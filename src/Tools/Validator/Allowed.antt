-- ===== src/Tools/Validator/Allowed.antt =====
-- The tools by name, and what a call of each needs of the registry and of the arguments.
use animus_coder.Base.{
  String, ◌≡◌, ◌⊎◌, Bool, true, false, Option, none, some, is_some, Text, codes, lookup,
}
use animus_coder.Semantic.{Engine}
use animus_coder.Tools.Filesystem.{Filesystem}
use animus_coder.Tools.Terminal.{Terminal}
use animus_coder.Tools.Value.{Value, boolean, string, Args, string_of, bool_of, number_of, array_of}
use animus_coder.Tools.Git.{GitTool}
use animus_coder.Tools.Schema.{ToolRegistry}

pub data Tool : Type 0 where
  read_file write_file search_text execute apply_patch git_status : Tool
  restore_backup list_backups preview_backup search_meaning : Tool

abbrev pub name_of : Tool → Text
name_of read_file = codes "fs.read_file"
name_of write_file = codes "fs.write_file"
name_of search_text = codes "fs.search"
name_of execute = codes "terminal.exec"
name_of apply_patch = codes "git.apply_patch"
name_of git_status = codes "git.status"
name_of restore_backup = codes "git.restore_backup"
name_of list_backups = codes "git.list_backups"
name_of preview_backup = codes "git.preview_backup"
name_of search_meaning = codes "semantic.search"

abbrev pub HasString : String → Args → Type 0
HasString key args = (s : Text) × (lookup (codes key) args ≡ some (string s))

-- The key is missing or holds a value that `fits` takes.
abbrev pub MayHave : String → (Option Value → Bool) → Args → Type 0
MayHave key fits args = (lookup (codes key) args ≡ none) ⊎ (fits (lookup (codes key) args) ≡ true)

abbrev pub GitAllowed : ToolRegistry → (GitTool → Type 0) → Type 0
GitAllowed reg P = (g : GitTool) × (reg.git ≡ some g) × (g.allow_exec ≡ true) × P g

-- What the tool needs of the registry and of the arguments.
abbrev pub Allowed : Tool → ToolRegistry → Args → Type 0
Allowed read_file reg args = HasString "path" args
Allowed write_file reg args =
    HasString "path" args
    × HasString "content" args
    × MayHave "overwrite" (λ v. is_some (bool_of v)) args
    × ((fs : Filesystem) × (reg.fs ≡ some fs) × (fs.allow_write ≡ true))
Allowed search_text reg args = HasString "pattern" args
Allowed execute reg args =
    HasString "command" args
    × MayHave "args" (λ v. is_some (array_of v)) args
    × ((t : Terminal) × (reg.terminal ≡ some t) × (t.allow_execution ≡ true))
Allowed apply_patch reg args =
    HasString "patch" args
    × MayHave "dry_run" (λ v. is_some (bool_of v)) args
    × GitAllowed reg
        (λ g. (g.dry_run_only ≡ false) ⊎ (lookup (codes "dry_run") args ≡ some (boolean true)))
Allowed git_status reg args = GitAllowed reg (λ g. Unit)
Allowed restore_backup reg args =
    MayHave "name" (λ v. is_some (string_of v)) args × GitAllowed reg (λ g. Unit)
Allowed list_backups reg args = GitAllowed reg (λ g. Unit)
Allowed preview_backup reg args =
    MayHave "name" (λ v. is_some (string_of v)) args × GitAllowed reg (λ g. Unit)
Allowed search_meaning reg args =
    HasString "query" args
    × MayHave "limit" (λ v. is_some (number_of v)) args
    × ((engine : Engine) × (reg.semantic ≡ some engine))
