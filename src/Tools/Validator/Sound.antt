-- ===== src/Tools/Validator/Sound.antt =====
-- What `ValidateCall` accepts, tool by tool.
use animus_coder.Base.{
  ◌≡◌, refl, inl, inr, true, Option, none, some, arith, Bool-cases, Option-cases, is_some, Text,
  codes, text_eq, lookup,
}
use animus_coder.Tools.Value.{
  Value, null, boolean, number, string, array, object, Args, string_of, bool_of,
}
use animus_coder.Tools.Schema.{ToolRegistry, schema, schemas, schema_named}
use animus_coder.Tools.Validator.{
  fits_kind, check_field, validate_fields, validate_schema, check_tool, validate_call, is_true,
}
use animus_coder.Tools.Validator.Allowed.{
  Tool, read_file, write_file, search_text, execute, apply_patch, git_status, restore_backup,
  list_backups, preview_backup, search_meaning, name_of, Allowed,
}

string_of-some :
    (v : Option Value) → is_some (string_of v) ≡ true → (s : Text) × (v ≡ some (string s))
string_of-some none h = absurd (cc h)
string_of-some (some (string s)) h = (s, refl)
string_of-some (some null) h = absurd (cc h)
string_of-some (some (boolean b)) h = absurd (cc h)
string_of-some (some (number n)) h = absurd (cc h)
string_of-some (some (array vs)) h = absurd (cc h)
string_of-some (some (object ms)) h = absurd (cc h)

is_true-bool_of : (v : Option Value) → is_true (bool_of v) ≡ true → v ≡ some (boolean true)
is_true-bool_of none h = absurd (cc h)
is_true-bool_of (some (boolean b)) h = cc h
is_true-bool_of (some null) h = absurd (cc h)
is_true-bool_of (some (string s)) h = absurd (cc h)
is_true-bool_of (some (number n)) h = absurd (cc h)
is_true-bool_of (some (array vs)) h = absurd (cc h)
is_true-bool_of (some (object ms)) h = absurd (cc h)

read_file_sound :
    (reg : ToolRegistry) (args : Args)
    → validate_call (some reg) (name_of read_file) args ≡ none
    → Allowed read_file reg args
unfolding validate_call check_tool schema schemas schema_named text_eq validate_schema
    validate_fields check_field fits_kind
read_file_sound reg args h = string_of-some (lookup (codes "path") args) (ground arith)

write_file_sound :
    (reg : ToolRegistry) (args : Args)
    → validate_call (some reg) (name_of write_file) args ≡ none
    → Allowed write_file reg args
unfolding validate_call check_tool schema schemas schema_named text_eq validate_schema
    validate_fields check_field fits_kind
write_file_sound reg args h = (
  string_of-some (lookup (codes "path") args) (ground arith),
  string_of-some (lookup (codes "content") args) (ground arith),
  elim (Option-cases (lookup (codes "overwrite") args)) [
    | inl e ↦ inl e
    | inr (v, e) ↦ inr (ground arith)
  ],
  elim (Option-cases reg.fs) [ inl e ↦ absurd (ground arith) | inr (x, e) ↦ (x, e, ground arith) ],
)

search_text_sound :
    (reg : ToolRegistry) (args : Args)
    → validate_call (some reg) (name_of search_text) args ≡ none
    → Allowed search_text reg args
unfolding validate_call check_tool schema schemas schema_named text_eq validate_schema
    validate_fields check_field fits_kind
search_text_sound reg args h = string_of-some (lookup (codes "pattern") args) (ground arith)

execute_sound :
    (reg : ToolRegistry) (args : Args)
    → validate_call (some reg) (name_of execute) args ≡ none
    → Allowed execute reg args
unfolding validate_call check_tool schema schemas schema_named text_eq validate_schema
    validate_fields check_field fits_kind
execute_sound reg args h = (
  string_of-some (lookup (codes "command") args) (ground arith),
  elim (Option-cases (lookup (codes "args") args)) [
    | inl e ↦ inl e
    | inr (v, e) ↦ inr (ground arith)
  ],
  elim (Option-cases reg.terminal) [
    | inl e ↦ absurd (ground arith)
    | inr (x, e) ↦ (x, e, ground arith)
  ],
)

apply_patch_sound :
    (reg : ToolRegistry) (args : Args)
    → validate_call (some reg) (name_of apply_patch) args ≡ none
    → Allowed apply_patch reg args
unfolding validate_call check_tool schema schemas schema_named text_eq validate_schema
    validate_fields check_field fits_kind
apply_patch_sound reg args h = (
  string_of-some (lookup (codes "patch") args) (ground arith),
  elim (Option-cases (lookup (codes "dry_run") args)) [
    | inl e ↦ inl e
    | inr (v, e) ↦ inr (ground arith)
  ],
  elim (Option-cases reg.git) [
    | inl e ↦ absurd (ground arith)
    | inr (g, e) ↦ (
      g,
      e,
      ground arith,
      elim (Bool-cases g.dry_run_only) [
        | inl d ↦ inr (is_true-bool_of (lookup (codes "dry_run") args) (ground arith))
        | inr d ↦ inl d
      ],
    )
  ],
)

git_status_sound :
    (reg : ToolRegistry) (args : Args)
    → validate_call (some reg) (name_of git_status) args ≡ none
    → Allowed git_status reg args
unfolding validate_call check_tool schema schemas schema_named text_eq validate_schema
    validate_fields check_field fits_kind
git_status_sound reg args h = elim (Option-cases reg.git) [
  | inl e ↦ absurd (ground arith)
  | inr (x, e) ↦ (x, e, ground arith, tt)
]

restore_backup_sound :
    (reg : ToolRegistry) (args : Args)
    → validate_call (some reg) (name_of restore_backup) args ≡ none
    → Allowed restore_backup reg args
unfolding validate_call check_tool schema schemas schema_named text_eq validate_schema
    validate_fields check_field fits_kind
restore_backup_sound reg args h = (
  elim (Option-cases (lookup (codes "name") args)) [
    | inl e ↦ inl e
    | inr (v, e) ↦ inr (ground arith)
  ],
  elim (Option-cases reg.git) [
    | inl e ↦ absurd (ground arith)
    | inr (x, e) ↦ (x, e, ground arith, tt)
  ],
)

list_backups_sound :
    (reg : ToolRegistry) (args : Args)
    → validate_call (some reg) (name_of list_backups) args ≡ none
    → Allowed list_backups reg args
unfolding validate_call check_tool schema schemas schema_named text_eq validate_schema
    validate_fields check_field fits_kind
list_backups_sound reg args h = elim (Option-cases reg.git) [
  | inl e ↦ absurd (ground arith)
  | inr (x, e) ↦ (x, e, ground arith, tt)
]

preview_backup_sound :
    (reg : ToolRegistry) (args : Args)
    → validate_call (some reg) (name_of preview_backup) args ≡ none
    → Allowed preview_backup reg args
unfolding validate_call check_tool schema schemas schema_named text_eq validate_schema
    validate_fields check_field fits_kind
preview_backup_sound reg args h = (
  elim (Option-cases (lookup (codes "name") args)) [
    | inl e ↦ inl e
    | inr (v, e) ↦ inr (ground arith)
  ],
  elim (Option-cases reg.git) [
    | inl e ↦ absurd (ground arith)
    | inr (x, e) ↦ (x, e, ground arith, tt)
  ],
)

search_meaning_sound :
    (reg : ToolRegistry) (args : Args)
    → validate_call (some reg) (name_of search_meaning) args ≡ none
    → Allowed search_meaning reg args
unfolding validate_call check_tool schema schemas schema_named text_eq validate_schema
    validate_fields check_field fits_kind
search_meaning_sound reg args h = elim (Option-cases reg.semantic) [
  | inl e ↦ absurd (ground arith)
  | inr (engine, e) ↦ (
    string_of-some (lookup (codes "query") args) (ground arith),
    elim (Option-cases (lookup (codes "limit") args)) [
      | inl e ↦ inl e
      | inr (v, e) ↦ inr (ground arith)
    ],
    (engine, e),
  )
]

pub validate_call-Allowed :
    (tool : Tool) (reg : ToolRegistry) (args : Args)
    → validate_call (some reg) (name_of tool) args ≡ none
    → Allowed tool reg args
validate_call-Allowed read_file reg args h = read_file_sound reg args h
validate_call-Allowed write_file reg args h = write_file_sound reg args h
validate_call-Allowed search_text reg args h = search_text_sound reg args h
validate_call-Allowed execute reg args h = execute_sound reg args h
validate_call-Allowed apply_patch reg args h = apply_patch_sound reg args h
validate_call-Allowed git_status reg args h = git_status_sound reg args h
validate_call-Allowed restore_backup reg args h = restore_backup_sound reg args h
validate_call-Allowed list_backups reg args h = list_backups_sound reg args h
validate_call-Allowed preview_backup reg args h = preview_backup_sound reg args h
validate_call-Allowed search_meaning reg args h = search_meaning_sound reg args h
----------------
Problem description> Filter the preceding entries down to the lines with "object".

Answer>
  Value, null, boolean, number, string, array, object, Args, string_of, bool_of,
string_of-some (some (object ms)) h = absurd (cc h)
is_true-bool_of (some (object ms)) h = absurd (cc h)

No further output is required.